Erkeklerin, temiz ve düzenli tutmak ve kadına benzememek şartıyla saçlarını uzatmalarında bir mahzur yoktur. Kadınların saçlarını kazıtmaları ise yasaklanmıştır (Nesâî, Ziynet, 4). Saç traş edilirken sağdan başlanması sünnettir (Ebû Dâvûd, Menâsik, 78).

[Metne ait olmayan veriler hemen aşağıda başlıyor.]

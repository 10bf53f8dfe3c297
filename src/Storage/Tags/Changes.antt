-- ===== src/Storage/Tags/Changes.antt =====
-- Changes of the tags of all repositories on one disk, and the map that they change.
use container_registry.Prelude.{
  ◌==◌, ◌&&◌, if◌then◌else◌, Result, ok, err, ◌>>=◌, List, ◌∷◌, [], Option, some, none, ◌≡◌, ◌≢◌,
  refl, sym, ap, ◌∙◌,
}
use container_registry.Prelude.Bytes.{Bytes, codes, bytes_eq}
use container_registry.Offline.Tags.{Digest}
use container_registry.Vacuum.{DigestText, FilePath}
use container_registry.Storage.Join.Laws.{IsElement, render}
use container_registry.Storage.Paths.{
  PathSpec, manifest_tag_current, manifest_tag_index_entry_link, DigestParts,
}
use container_registry.Storage.Paths.Plain.{IsName}
use container_registry.Storage.Paths.Proper.{IsValid, IsProper, elements}
use container_registry.Storage.Paths.Elements.{path_for-elements}
use container_registry.Storage.Paths.Distinct.{path_for-injective}
use container_registry.Storage.Driver.{Fault, Driver}
use container_registry.Storage.Stores.{
  StoreError, tag_unknown, from_driver, Written, then_write, fault_of, readlink, parsed,
}
use container_registry.Storage.Tags.{tag, get, untag, or_unknown}

pub then_write-none :
    {Disk : Type 0} (w : Written Disk) (f : Disk → Written Disk)
    → (then_write w f).0 ≡ none
    → (w.0 ≡ none) × (then_write w f ≡ f w.1)
then_write-none (none, s) f h = (refl, refl)
then_write-none (some e, s) f h = cc h

pub fault_of-none : (e : Option Fault) → fault_of e ≡ none → e ≡ none
fault_of-none none h = refl
fault_of-none (some f) h = cc h

module _ (t : DigestText) (p : DigestParts t) (v : Driver) where
  -- What a change of tags asks for.
  pub data TagChange : Type 0 where
    tags : (name : Bytes) → (text : Bytes) → (d : Digest) → TagChange
    untags : (name : Bytes) → (text : Bytes) → TagChange

  abbrev pub IsProperChange : TagChange → Type 0
  IsProperChange (tags name text d) = IsName name × IsElement text × IsValid t d
  IsProperChange (untags name text) = IsName name × IsElement text

  abbrev pub tag_change : TagChange → v.Disk → Written v.Disk
  tag_change (tags name text d) s = tag t p v name text d s
  tag_change (untags name text) s = untag t p v name text s

  -- The changes one after another, up to the first error.
  unfoldable pub tag_changes : List TagChange → v.Disk → Written v.Disk
  tag_changes [] s = (none, s)
  tag_changes (c ∷ cs) s = then_write (tag_change c s) (tag_changes cs)

  abbrev pub TagMap : Type 0
  TagMap = Bytes → Bytes → Result StoreError Digest

  abbrev pub map_change : TagChange → TagMap → TagMap
  map_change (tags name text d) f n x = if name == n && text == x then ok d else f n x
  map_change (untags name text) f n x = if name == n && text == x then err tag_unknown else f n x

  unfoldable pub map_changes : List TagChange → TagMap → TagMap
  map_changes [] f n x = f n x
  map_changes (c ∷ cs) f n x = map_changes cs (map_change c f) n x

  -- the file of a proper specification
  abbrev pub file : PathSpec → FilePath
  file s = render (elements t s)

  pub file-injective : (a b : PathSpec) → IsProper t a → IsProper t b → file a ≡ file b → a ≡ b
  file-injective a b ha hb e =
      path_for-injective t p a b ha hb
        (path_for-elements t p a ha ∙ (ap some e ∙ sym (path_for-elements t p b hb)))

  abbrev pub current : Bytes → Bytes → FilePath
  current n x = file (manifest_tag_current n x)

  -- What a tag is, by what its current link reads.
  abbrev pub seen : Result Fault Bytes → Result StoreError Digest
  seen r = or_unknown t p v [] (from_driver r >>= λ content. parsed t p v (p.parse content))

  pub get-seen :
      (n x : Bytes) (s : v.Disk)
      → IsName n
      → IsElement x
      → get t p v n x s ≡ seen (v.get_content (current n x) s)
  unfolding get readlink
  get-seen n x s hn hx = rw (path_for-elements t p (manifest_tag_current n x) (hn, hx)) refl

  pub seen-codes : (d : Digest) → IsValid t d → seen (ok (codes d)) ≡ ok d
  seen-codes d h = rw (p.parse-codes d h) refl

  pub current-injective :
      (n x m y : Bytes)
      → IsName n
      → IsElement x
      → IsName m
      → IsElement y
      → current n x ≡ current m y
      → (n ≡ m) × (x ≡ y)
  current-injective n x m y hn hx hm hy e =
      let same : manifest_tag_current n x ≡ manifest_tag_current m y =
        file-injective (manifest_tag_current n x) (manifest_tag_current m y) (hn, hx) (hm, hy) e in
      (cc same, cc same)

  pub current-index :
      (n x m y : Bytes) (d : Digest)
      → IsName n
      → IsElement x
      → IsName m
      → IsElement y
      → IsValid t d
      → current n x ≢ file (manifest_tag_index_entry_link m y d)
  current-index n x m y d hn hx hm hy hd e =
      let same : manifest_tag_current n x ≡ manifest_tag_index_entry_link m y d =
        file-injective (manifest_tag_current n x) (manifest_tag_index_entry_link m y d) (hn, hx)
          (hm, hy, hd) e in
      cc same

  • Diş Temizliği ve Bakımı

Güzelce çiğnemek suretiyle, yiyeceklerin ağızdaki hazmını tamamlamamıza yardımcı olan, dişlerimiz, hiç şüphesiz çok önemlidir. Kesici ve ezici özelliği sayesinde, nice gıdayı ufalar ve yutulacak hâle getiririz. Ağrısız ve tertemiz dişler, sağlıklı bir sindirimin birinci aşamasıdır ve sadece yaptığı iş açısından değil, estetik açıdan da son derece mühimdir. Dişlerin yüzümüze kattığı güzellik tartışılmaz bir gerçektir. Tebessüm ederken dudakları arasından görünüveren dişlerinin, sağlıklı ve bembeyaz olmasını kim istemez ki?

Madem bu kadar önemlidir, diş bakımı için kesinlikle zaman ayrılmalı, günde en az iki kere fırçalanarak veya yemeklerden sonra misvaklayarak,  temizliği sağlanmalıdır.   

Sevgili Peygamberimiz Hazreti Muhammed Mustafa sallallâhu aleyhi ve sellem, dişlerini misvaklardı (Müslim, Tahâret, 43, 44).

Bir hadis-i şeriflerinde “Ümmetimi zora sokmaktan endişe etmeseydim, onlara her namaz vaktinde, misvakla dişlerini temizlemeyi emrederdim.” (Buhârî, Cum’a 8) buyurarak, konunun önemini vurgulamıştır. Misvak, ağzın temiz kalmasına ve Allah’ın rızasına sebeptir. (Nesâî, Tahâret, 4)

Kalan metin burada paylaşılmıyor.